You can also download a PDF copy of this lecture.
Note: Rather than creating extra homework problems on the topics from today’s lecture, if there are any problems on the examination from today’s lecture I will use the examples from this lecture (although I may change the numbers).
When strata correspond to one or more domains of interest, additional inferences concerning those domains can easily be done when using stratified random sampling.
With stratified random sampling, the sampling design for obtaining the sample from each stratum is simple random sampling. So inferences concerning a stratum mean or total use the results from simple random sampling. We have \[ \hat\mu_i = \bar{y}_i \ \ \ \text{and} \ \ \ V(\hat\mu_i) = \left(1 - \frac{n_i}{N_i}\right)\frac{\sigma_i^2}{n_i}, \] and \(\hat\tau_i = N_i\bar{y}_i\) and \(V(\hat\tau_i) = N_i^2V(\hat\mu_i)\), noting that if we need to estimate the variance we replace \(\sigma_i^2\) with \(s_i^2\) and \(V\) with \(\hat{V}\).
Example: Suppose we have the following results from a survey that used stratified random sampling.\(i\) | \(N_i\) | \(n_i\) | \(\bar{y}_i\) | \(s_i\) |
---|---|---|---|---|
1 | 1000 | 100 | 36 | 6 |
2 | 2000 | 200 | 25 | 5 |
3 | 3000 | 300 | 16 | 4 |
What is \(\hat\mu_1\) as well as the estimates of the variances of that estimator? What is \(\hat\tau_1\) as well as the estimates of the variances of that estimator?
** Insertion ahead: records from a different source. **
-- ===== src/Plugin/Lifecycle/Afterwards.antt =====
-- What `Unload` leaves behind.
use samp_plugin_api.Prelude.{ℕ, ◌≡◌, refl, Bool, false, some, List, if◌then◌else◌}
use samp_plugin_api.Env.{Env}
use samp_plugin_api.Log.{Log, Logger}
use samp_plugin_api.Server.{Server, Completion, player_connect, player_disconnect, process_tick}
use samp_plugin_api.Globals.{Globals, Pointer, live, null, deleted, get_logger, Runs}
use samp_plugin_api.Plugin.Lifecycle.{
  Ended, went, undefined, Call, unload_call, event, unload, shut_down, on_call, call_plugin,
}
use samp_plugin_api.Plugin.Lifecycle.Order.{Defined}

module _ {World Float : Type 0} (env : Env World Float) {Sink : Type 0} (Fs : Type 0) where
  abbrev run_call : Call World Fs Sink → Globals World Sink → Ended World Sink
  run_call = call_plugin env

  -- The calls on globals that were unloaded.
  pub record Dangles (was_ready : Bool) (g : Globals World Sink) : Type 0 where
    pub unload_again : run_call unload_call g ≡ undefined
    pub connect : (id : ℕ) → run_call (event (player_connect id)) g ≡ undefined
    pub disconnect : (id : ℕ) → run_call (event (player_disconnect id)) g ≡ undefined
    pub tick :
        (cs : List Completion)
        → run_call (event (process_tick cs)) g ≡ (if was_ready then undefined else went g)

  shut_down-Dangles :
      (p : Pointer (Log Sink)) (g : Globals World Sink)
      → (l : Logger Sink) × (get_logger p ≡ some l)
      → Defined
          (Dangles g.ready)
          (shut_down p (record g { service = false; config = null; players = null }))
  unfolding call_plugin unload on_call
  shut_down-Dangles (live _) g l = record {
    unload_again = refl;
    connect = λ id. refl;
    disconnect = λ id. refl;
    tick = λ cs. refl;
  }
  shut_down-Dangles null g l = cc
  shut_down-Dangles deleted g l = cc

  -- `Unload` of a loaded plugin returns. From then on a second `Unload` and the connection or the
  -- disconnection of a player go through a null pointer, and so does `ProcessTick`, unless the game
  -- mode had ended before: `Unload` does not reset `ready`.
  pub unload-Dangles :
      (g : Globals World Sink) (s : Server World)
      → Runs g s
      → Defined (Dangles g.ready) (run_call unload_call g)
  unfolding call_plugin unload
  unload-Dangles g s runs = simp (runs.service) (shut_down-Dangles g.logger g runs.logger)
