-- ===== src/Session/Isolation.antt =====
-- What a session answers does not depend on what other sessions have asked.
use samp_plugin_api.Prelude.{◌≡◌, refl, sym, ap, ◌∙◌, Option, none, some, Text}
use samp_plugin_api.Config.{Config}
use samp_plugin_api.Players.{Entries}
use samp_plugin_api.Messages.{BodyRequest, Decoded, decoded, decode_exception}
use samp_plugin_api.Codecs.{decode_body}
use samp_plugin_api.Env.{Env, Request, Verb, post, get, other_verb}
use samp_plugin_api.Route.{Checked, ok, regex_error, out_of_range, system_error, ◌>>=◌}
use samp_plugin_api.Handler.{Handler, authorize, check_body}
use samp_plugin_api.Handler.Dispatch.{IsRegistered, after, handle_request_lem}
use samp_plugin_api.Session.{Session, create_response, by_verb, process_request, write}
use samp_plugin_api.Session.Credentials.{SameCredentials}

-- What the rest of the program sees of a result: not the state of the handler.
abbrev pub seen {ℓ κ μ} :
    {H : Type ℓ} {W : Type κ} {A : Type μ} → Checked (H × W × A) → Checked (W × A)
seen r = r >>= λ (_, w, a). ok (w, a)

module _ {World Float : Type 0} (env : Env World Float) where
  check_body-SameCredentials :
      (h h' : Handler) (uri remote : Text) (d : Decoded BodyRequest) (w : World)
      → SameCredentials h h'
      → check_body env h' uri remote d w ≡ check_body env h uri remote d w
  unfolding check_body
  check_body-SameCredentials h h' uri remote (decode_exception _) w c = refl
  check_body-SameCredentials h h' uri remote (decoded body) w c = rw (c.password, c.seed) refl

  pub authorize-SameCredentials :
      (h h' : Handler) (config : Config) (req : Request) (remote : Text) (w : World)
      → SameCredentials h h'
      → authorize env h' config req remote w ≡ authorize env h config req remote w
  unfolding authorize
  authorize-SameCredentials h h' config req remote w c =
      rw (check_body-SameCredentials h h' req.target remote (decode_body env.codec req.body) w c)
        refl

  create_response-SameCredentials :
      (h h' : Handler) (config : Config) (ps : Entries) (w : World) (req : Request) (ip : Text)
      (s : Session)
      → IsRegistered h
      → IsRegistered h'
      → SameCredentials h h'
      → seen (create_response env h' config ps w req (some ip) s)
        ≡ seen (create_response env h config ps w req (some ip) s)
  unfolding create_response
  create_response-SameCredentials h h' config ps w req ip s g g' c =
      rw
        (
          handle_request_lem env h config ps req s.response ip s.init_time w g,
          handle_request_lem env h' config ps req s.response ip s.init_time w g',
          authorize-SameCredentials (after req.target h) (after req.target h') config req ip w
              (record { password = c.password; seed = c.seed }),
        )
        refl

  by_verb-SameCredentials :
      (v : Verb) (peer : Option Text) (h h' : Handler) (config : Config) (ps : Entries) (w : World)
      (req : Request) (s : Session)
      → IsRegistered h
      → IsRegistered h'
      → SameCredentials h h'
      → seen (by_verb env v h' config ps w req peer s)
        ≡ seen (by_verb env v h config ps w req peer s)
  unfolding by_verb create_response
  by_verb-SameCredentials post (some ip) h h' config ps w req s g g' c =
      create_response-SameCredentials h h' config ps w req ip s g g' c
  by_verb-SameCredentials get (some ip) h h' config ps w req s g g' c =
      create_response-SameCredentials h h' config ps w req ip s g g' c
  by_verb-SameCredentials post none h h' config ps w req s g g' c = refl
  by_verb-SameCredentials get none h h' config ps w req s g g' c = refl
  by_verb-SameCredentials (other_verb _) peer h h' config ps w req s g g' c = refl

  -- What is seen of a processed request is what is seen of the answer, written.
  seen-write :
      (r : Checked (Handler × World × Session))
      → seen (r >>= λ (h, w, s). ok (h, w, write s)) ≡ (seen r >>= λ (w, s). ok (w, write s))
  seen-write (ok _) = refl
  seen-write regex_error = refl
  seen-write out_of_range = refl
  seen-write system_error = refl

  -- Two handlers that have registered their functions, with the same password and seed, may have
  -- handled any requests before: a session that processes a request by the one does to the game
  -- server what it does by the other, and answers the same, or both find that the connection is gone.
  pub process_request_isolated :
      (h h' : Handler) (config : Config) (ps : Entries) (w : World) (req : Request)
      (peer : Option Text) (s : Session)
      → IsRegistered h
      → IsRegistered h'
      → SameCredentials h h'
      → seen (process_request env h' config ps w req peer s)
        ≡ seen (process_request env h config ps w req peer s)
  unfolding process_request
  process_request_isolated h h' config ps w req peer s g g' c =
      seen-write (by_verb env req.verb h' config ps w req peer _)
      ∙ ap (λ r. r >>= λ (w', s'). ok (w', write s'))
          (by_verb-SameCredentials req.verb peer h h' config ps w req _ g g' c)
      ∙ sym (seen-write (by_verb env req.verb h config ps w req peer _))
\(i\) | \(N_i\) | \(n_i\) | \(\bar{y}_i\) | \(s_i\) |
---|---|---|---|---|
1 | 1000 | 100 | 36 | 6 |
2 | 2000 | 200 | 25 | 5 |
3 | 3000 | 300 | 16 | 4 |
What is the estimate of \(\mu_{2,3}\) and the variance of that estimator?
More generally, we can do this for any number of strata. For example, to estimate to mean of strata \(i\), \(j\), and \(k\) combined, we can use the estimator \[ \hat\mu_{i,j,k} = \frac{N_i}{N_i+N_j+N_k}\bar{y}_i + \frac{N_j}{N_i+N_j+N_k}\bar{y}_j + \frac{N_k}{N_i + N_j + N_k}\bar{y}_k, \] which as variance \[ V(\hat\mu_{i,j,k}) = \left(\frac{N_i}{N_i+N_j+N_k}\right)^2 V(\hat\mu_i) + \left(\frac{N_j}{N_i+N_j+N_k}\right)^2V(\hat\mu_j) + \left(\frac{N_k}{N_i+N_j+N_k}\right)^2V(\hat\mu_k). \] And the total for those strata combined, \(\tau_{i,j,k}\), is estimated as \[ \hat\tau_{i,j,k} = \hat\tau_i + \hat\tau_j + \hat\tau_k \] which has variance \[ V(\hat\tau_{i,j,k}) = V(\hat\tau_i) + V(\hat\tau_j) + V(\hat\tau_j). \]
Suppose we want to estimate \(\mu_i - \mu_j\). The estimator is simply \[ \hat\mu_i - \hat\mu_j = \bar{y}_i - \bar{y}_j, \] which has variance \[ V(\hat\mu_i - \hat\mu_j) = V(\hat\mu_i) + V(\hat\mu_j). \] Similarly if we want to estimate \(\tau_i - \tau_j\) the estimator is \[ \hat\tau_i - \hat\tau_j = N_i\bar{y}_i - N_j\bar{y}_j, \] which has variance \[ V(\hat\tau_i - \hat\tau_j) = V(\hat\tau_i) + V(\hat\tau_j). \] Note that although we are subtracting estimators, the variances are still additive.
Example: Suppose we have the following results from a survey that used stratified random sampling.\(i\) | \(N_i\) | \(n_i\) | \(\bar{y}_i\) | \(s_i\) |
---|---|---|---|---|
1 | 1000 | 100 | 36 | 6 |
2 | 2000 | 200 | 25 | 5 |
3 | 3000 | 300 | 16 | 4 |
What is the estimate of \(\mu_1 - \mu_3\) and what is the variance of the estimator \(\hat\mu_1 - \hat\mu_3\)?
Note: We can also do these kinds of inferences with post-stratification, or for stratified random sampling where the domains of interest do not correspond to the strata. The estimators are the same but the variances are different.